[Collected data entries]
________________________________________

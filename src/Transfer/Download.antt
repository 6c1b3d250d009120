-- ===== src/Transfer/Download.antt =====
-- `download`, single stream: three attempts that resume from the bytes on disk. What the origin
-- answers to each attempt is an argument. A header that is "" counts as absent, as in the source.
use Prim.Native.String.{String}
use monty_pod.Common.{
  Bool, List, Option, [], false, if◌then◌else◌, leb, length, ltb, none, not, some, str_eq, suc,
  true, zero, ℕ, ◌&&◌, ◌++◌, ◌+◌, ◌-◌, ◌==◌,
}

abbrev pub xfer_attempts : ℕ
xfer_attempts = 3

pub data RangeTotal : Type 0 where
  star malformed_total : RangeTotal
  total_of : ℕ → RangeTotal

-- `Content-Range`: absent, not of the form that is parsed, or unit, first and last byte, and total;
-- the unit is told by whether it is "bytes".
pub data ContentRange : Type 0 where
  no_range garbled_range : ContentRange
  span_of : Bool → ℕ → ℕ → RangeTotal → ContentRange

pub data ContentLength : Type 0 where
  no_length malformed_length : ContentLength
  length_of : ℕ → ContentLength

-- A response with the bytes that its body delivers; `cut`: reading it then raises a transport error
-- or runs over the deadline of the attempt (`_pump`).
pub record Response : Type 0 where
  pub status : ℕ
  pub encoded : Bool
  pub etag : Option String
  pub content_length : ContentLength
  pub content_range : ContentRange
  pub body : List ℕ
  pub cut : Bool

pub data Reply : Type 0 where
  unreachable : Reply
  answered : Response → Reply

-- The file at `dest`, and what is pinned of the object.
pub record Transfer : Type 0 where
  pub file : Option (List ℕ)
  pub pinned_total : Option ℕ
  pub pinned_etag : Option String

abbrev pub size_of : Option (List ℕ) → ℕ
size_of none = 0
size_of (some b) = length b

abbrev pub bytes_at : Option (List ℕ) → List ℕ
bytes_at none = []
bytes_at (some b) = b

-- `_RestartRequired`, or another request error.
pub data Fault : Type 0 where
  restart_required request_error : Fault

pub data Attempt : Type 0 where
  complete partial : Attempt
  faulted : Fault → Attempt

-- start <= end < ceiling, where there is a ceiling
abbrev pub below_ceiling : ℕ → ℕ → Option ℕ → Bool
below_ceiling first last none = true
below_ceiling first last (some ceiling) = leb first last && ltb last ceiling

abbrev pub agrees : Option ℕ → ℕ → Bool
agrees none t = true
agrees (some pinned) t = pinned == t

abbrev pub or_some {ℓ} : {A : Type ℓ} → Option A → Option A → Option A
or_some none d = d
or_some (some a) d = some a

unfoldable pub span_total : ℕ → ℕ → RangeTotal → Option ℕ → Option (ℕ × ℕ × Option ℕ)
span_total first last star pinned = if ltb last first then none else some (first, last, none)
span_total first last malformed_total pinned =
    if below_ceiling first last pinned then some (first, last, none) else none
span_total first last (total_of t) pinned =
    if agrees pinned t && below_ceiling first last (or_some pinned (some t))
    then some (first, last, some t)
    else none

-- `_resume_range`; `none` is `_RestartRequired`.
unfoldable pub resume_range : ContentRange → ℕ → Option ℕ → Option (ℕ × ℕ × Option ℕ)
resume_range no_range have pinned = none
resume_range garbled_range have pinned = none
resume_range (span_of is_bytes first last total) have pinned =
    if is_bytes && first == have then span_total first last total pinned else none

abbrev pub same_version : Option String → Option String → Bool
same_version none new = true
same_version (some pinned) none = true
same_version (some pinned) (some new) = str_eq pinned new

abbrev pub reached_by : Option ℕ → ℕ → Attempt
reached_by none size = complete
reached_by (some t) size = if leb t size then complete else partial

-- After a body that was read to its end.
abbrev pub reached : Transfer → Attempt
reached s = reached_by s.pinned_total (size_of s.file)

abbrev pub append_body : Response → Option ℕ → Transfer → Transfer
append_body r total s = record {
  file = some (bytes_at s.file ++ r.body);
  pinned_total = or_some total s.pinned_total;
  pinned_etag = or_some r.etag s.pinned_etag;
}

abbrev pub resumed_body : Response → Option (ℕ × ℕ × Option ℕ) → Transfer → Attempt × Transfer
resumed_body r none s = (faulted restart_required, s)
resumed_body r (some (first, last, total)) s =
    let t = append_body r total s in
    if not (same_version s.pinned_etag r.etag)
    then (faulted restart_required, s)
    else if r.cut
    then (faulted request_error, t)
    else if ltb (last - first + 1) (length r.body)
    then (faulted restart_required, t)
    else (reached t, t)

-- A 206 to a request from the offset `have`
unfoldable pub resume : Response → ℕ → Transfer → Attempt × Transfer
resume r have s =
    if r.encoded
    then (faulted restart_required, s)
    else resumed_body r (resume_range r.content_range have s.pinned_total) s

abbrev pub framed_length : Bool → ContentLength → Option ℕ
framed_length true l = none
framed_length false no_length = none
framed_length false malformed_length = none
framed_length false (length_of n) = some n

abbrev pub whole_body : Response → Transfer → Transfer
whole_body r s = record {
  file = some r.body;
  pinned_total = framed_length r.encoded r.content_length;
  pinned_etag = or_some r.etag s.pinned_etag;
}

abbrev pub is_torn : Option ℕ → ℕ → Bool
is_torn none moved = false
is_torn (some t) moved = not (moved == t)

-- A response that is not a resumed one: the file is written from its first byte.
unfoldable pub restart : Response → Transfer → Attempt × Transfer
restart r s =
    let t = whole_body r s in
    if not (r.status == 200)
    then (faulted restart_required, s)
    else if r.cut
    then (faulted request_error, t)
    else if is_torn t.pinned_total (length r.body)
    then (faulted request_error, record t { file = none })
    else (reached t, t)

-- One attempt, with `have` bytes on disk.
unfoldable pub attempt : Reply → ℕ → Transfer → Attempt × Transfer
attempt unreachable have s = (faulted request_error, s)
attempt (answered r) have s =
    if r.status == 416
    then (faulted restart_required, s)
    else if leb 400 r.status && ltb r.status 600
    then (faulted request_error, s)
    else if r.status == 206
    then (if have == 0 then (faulted restart_required, s) else resume r have s)
    else restart r s

abbrev pub after_fault : Fault → Transfer → Transfer
after_fault restart_required s = record { file = none; pinned_total = none; pinned_etag = none }
after_fault request_error s = s

pub data Outcome : Type 0 where
  fetched gave_up : Outcome

abbrev pub exhausted_by : Option ℕ → Transfer → Outcome × Transfer
exhausted_by none s = (fetched, s)
exhausted_by (some t) s =
    if ltb (size_of s.file) t then (gave_up, record s { file = none }) else (fetched, s)

-- What follows the loop.
abbrev pub exhausted : Transfer → Outcome × Transfer
exhausted s = exhausted_by s.pinned_total s

abbrev pub next_state : Attempt × Transfer → Transfer
next_state (complete, s) = s
next_state (partial, s) = s
next_state (faulted f, s) = after_fault f s

abbrev pub ending : Bool → Attempt × Transfer → Outcome × Transfer → Outcome × Transfer
ending last (complete, s) rest = (fetched, s)
ending last (partial, s) rest = rest
ending true (faulted f, s) rest = (gave_up, after_fault f s)
ending false (faulted f, s) rest = rest

-- The loop from attempt number `i` on, of which `n` are left.
unfoldable pub retry : ℕ → ℕ → (ℕ → Reply) → Transfer → Outcome × Transfer
retry i zero replies s = exhausted s
retry i (suc n) replies s =
    let r = attempt (replies i) (if i == 0 then 0 else size_of s.file) s in
    let rest = retry (i + 1) n replies (next_state r) in ending (n == 0) r rest

-- How the single stream starts: with the first attempt, or after a parallel download that failed.
pub data Route : Type 0 where
  single_stream : Route
  after_ranged : ℕ → String → Route

unfoldable pub download : Route → (ℕ → Reply) → Option (List ℕ) → Outcome × Transfer
unfolding retry
download single_stream replies old =
    retry 0 xfer_attempts replies (record { file = old; pinned_total = none; pinned_etag = none })
download (after_ranged total etag) replies old =
    retry 1 (xfer_attempts - 1) replies
      (record { file = none; pinned_total = some total; pinned_etag = some etag })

________________________________________

• **About this task**
Every line in the data that holds the string "answered" should be returned.

• **Task answer**
  answered : Response → Reply
attempt (answered r) have s =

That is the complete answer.